Türkiye’de “Şehir hastaneleri” ile ilgili birçok şey duymuşsunuzdur.. Kimi sağlıkta çağ atladığımızı,kimi,insanımızın sağlık konularının suistimal edildiğini,ranta dönüştürüldüğünü anlatır durur.. Kimi de başka bir telden dem vurur..

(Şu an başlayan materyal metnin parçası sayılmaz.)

-- ===== src/Tools/Effect/Own.antt =====
-- What a tool calls, against the workspace of its session (tools.go).
use repo_extension.Base.Text.{Text}
use repo_extension.Names.{naming_session}
use repo_extension.Json.{Fields}
use repo_extension.Effects.{
  Eff, http, select, exec, cache, ext, ExtCall, get_env, get_session_variable, publish_prose,
  random_id, CacheCall, look_up, put_entry, Exec, insert_row, MapRow, jjlab,
}
use repo_extension.Effects.Sound.{Sound, Sound-both}
use repo_extension.Discipline
use repo_extension.Jjlab.Effect.{Any}
use repo_extension.Session.{mapping, resolve_session}
use repo_extension.Session.Calls.{resolve_session-Sound, adopt_bookmark-Sound}
use repo_extension.Session.Resolve.{Spells, resolve_session-Keeps}
use repo_extension.Tools.Host.{Host}
use repo_extension.Tools.Dispatch.{Tool, execute}
use repo_extension.Tools.Effect.{Policy, safe}
use repo_extension.Tools.Effect.Requests.{IsOwn, reads, opens, Grants}
use repo_extension.Tools.Effect.Execute.{execute-IsSafe}

-- The row that an adoption binds: the bookmark `target` in the session's own repository.
pub data IsBeside (sid target : Text) : MapRow → Type 0 where
  beside :
      (o r b : Text)
      → Spells sid (o, r, b)
      → IsBeside sid target (mapping o r target (naming_session o r target))

abbrev IsOwnExec : Text → Text → Exec → Type 0
IsOwnExec sid target (insert_row row) = IsBeside sid target row
IsOwnExec sid target _ = ⊥

abbrev IsCaching : CacheCall → Type 0
IsCaching (look_up _) = Unit
IsCaching (put_entry _ _) = Unit
IsCaching _ = ⊥

abbrev IsSpeech : ExtCall → Type 0
IsSpeech (get_env _) = Unit
IsSpeech (get_session_variable _ _) = Unit
IsSpeech (publish_prose _ _ _ _ _) = Unit
IsSpeech random_id = Unit
IsSpeech _ = ⊥

-- What a tool of the session `sid` may call: the requests of IsOwn, queries, the binding of `target`,
-- the filling of the cache, and messages.
abbrev pub IsOwnCall : Text → Text → Eff → Type 0
IsOwnCall sid target (http server q) = IsOwn sid server q
IsOwnCall sid target (select q) = Unit
IsOwnCall sid target (exec x) = IsOwnExec sid target x
IsOwnCall sid target (cache c) = IsCaching c
IsOwnCall sid target (ext c) = IsSpeech c

module _ (sid target : Text) where
  abbrev own : Policy
  own = record {
    Allowed = IsOwnCall sid target;
    Rely = Discipline.Rely;
    asks_env = λ k. tt;
    asks_variable = λ s k. tt;
    lookups = λ server path. reads server path;
    Has = Spells;
    resolves = λ s.
        Sound-both Discipline.Allowed (IsOwnCall sid target) Discipline.Rely Any (Spells s)
          (resolve_session s) (resolve_session-Keeps s)
          (resolve_session-Sound (IsOwnCall sid target) Discipline.Rely (λ q. tt) s tt (λ w. tt));
  }

  own-Grants : Grants own sid target
  own-Grants = record {
    knows = λ w h. h;
    sends = λ server q h. h;
    tells = λ to kind body key m. tt;
    draws = tt;
    adopts = λ o r b h. safe own _ (
        adopt_bookmark-Sound (IsOwnCall sid target) Discipline.Rely (λ q. tt) o r target
          (reads jjlab) (opens o r b target h) (beside o r b h));
  }

-- Where each row that the database answers and each entry of the cache binds a session to the workspace
-- that its name spells, every call of every tool is its session's own: of the requests that are no GET,
-- a commit goes to the session's own bookmark, a rebase onto it, a merge request comes from it, reviews
-- and new states are for merge requests of its repository, and a session is opened for the bookmark
-- `target` of its repository; the one row that may be written binds that bookmark; no row, entry or
-- variable is deleted or renamed.
pub execute-Own :
    (host : Host) (tool : Tool) (args : Fields) (call_id sid : Text)
    → Sound
        (IsOwnCall sid (host.arg_string args "target"))
        Discipline.Rely
        Any
        (execute host tool args call_id sid)
execute-Own host tool args call_id sid =
    (execute-IsSafe (own sid (host.arg_string args "target")) host args call_id sid
      (own-Grants sid (host.arg_string args "target")) tool).sound
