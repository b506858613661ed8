-- ===== src/Tools/Effect/Quiet.antt =====
-- What the tools that only read call (tools.go).
use repo_extension.Base.{◌≡◌, refl}
use repo_extension.Base.Text.{Text}
use repo_extension.Json.{Fields}
use repo_extension.Effects.{
  Eff, http, select, exec, cache, ext, get, ExtCall, get_env, get_session_variable,
}
use repo_extension.Effects.Run.{AnyAnswer}
use repo_extension.Effects.Sound.{Sound}
use repo_extension.Jjlab.Effect.{Any}
use repo_extension.Session.Calls.{resolve_session-Sound}
use repo_extension.Tools.Host.{Host}
use repo_extension.Tools.Dispatch.{Tool, execute}
use repo_extension.Tools.Effect.{Policy}
use repo_extension.Tools.Effect.Execute.{IsReader, reader-IsSafe}

abbrev IsQuestion : ExtCall → Type 0
IsQuestion (get_env _) = Unit
IsQuestion (get_session_variable _ _) = Unit
IsQuestion _ = ⊥

-- A GET, a query, a call of the cache, or the reading of a variable.
abbrev pub IsQuiet : Eff → Type 0
IsQuiet (http server q) = q.method ≡ get
IsQuiet (select q) = Unit
IsQuiet (exec x) = ⊥
IsQuiet (cache c) = Unit
IsQuiet (ext c) = IsQuestion c

abbrev quiet : Policy
quiet = record {
  Allowed = IsQuiet;
  Rely = AnyAnswer;
  asks_env = λ k. tt;
  asks_variable = λ s k. tt;
  lookups = λ server path. refl;
  Has = λ sid w. Unit;
  resolves = λ sid. resolve_session-Sound IsQuiet AnyAnswer (λ q. tt) sid tt (λ w. tt);
}

-- Whatever the services, the database and the cache answer, a call of one of the tools read, ls, grep,
-- explore, git-graph, git-diff, git-blame, git-log, git-show, mr-list and mr-view sends GET requests,
-- queries, cache calls and reads of variables alone: it executes no statement and publishes no message.
pub reader-Quiet :
    (host : Host) (tool : Tool) (args : Fields) (call_id sid : Text)
    → IsReader tool
    → Sound IsQuiet AnyAnswer Any (execute host tool args call_id sid)
reader-Quiet host tool args call_id sid h = (reader-IsSafe quiet host args call_id sid tool h).sound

Manavgat İlçesi’nde yıllardır eczacı olarak görev yapmakta olan ve aynı zamanda iyi bir araştırmacı ve yazar olan Mahmut Öz,kendi köşesinde ilginç bir olaya dikkat çekti..Gelin birlikte okuyalım:
HASTANENİN HALİ…
Bugün babamı özel bir hastaneden devlet hastanesine gönderdiler. Bir Dr ismi aldım, kayıt bölümüne gittim randevu için. Memur, özel Hastaneden çıkış yapmadan ve Kayıt için hasta burada olmadan sana numara veremem dedi. Derdimi anlattım, “95 yaşında bir hastanın, hastane acilinden buraya gelecek, o süreçte, dr muayene sistemini kapatırsa, ben bu yaşlı adamı ne yaparım. Buradan randevu alıp, ondan sonra gidip özel hastaneden getireceğim “ dedimse de, memur arkadaş kabul etmedi, gittim getirdim, doktor hasta kabulü kapatmış. Kadın umursamadı bile, başka doktora götür dedi. Çaresiz yeni bir doktora yazdırdım. 95 yaşında acil bir hasta bekler mi? Bekledik. muayeneye üç hasta birden giriyor. Şaşırdım. Beni muayene ederken, bir başka hasta benim mahremimi dinleyecek, dünyada bunu kabul eden bir sağlık kuruluşu yok. İlk defa böyle bir uygulama görüyorum dediğimde, bir arkadaş,” Bu bir şey mi Hocam, ben filim için numara aldım sıraya girdim, sıram geldi içeri girdim, ismimi söyledim, filmimi elime verdiler, nasıl olur?, ben ilk defa geldim, daha filim çektirmedim dedim, onu iptal ettiler, yeniden, çektiler” diye anlattı. Anlayacağınız,30 yıldır eczacılık yaparım, değişen bir şey yok. Kantinden herkes şikayetçi idi, kapanmış ama geçici de olsa, bir su içecek yer oluşturulamamış. Yani halk yok, hasta yok, insan yok, hastalık var.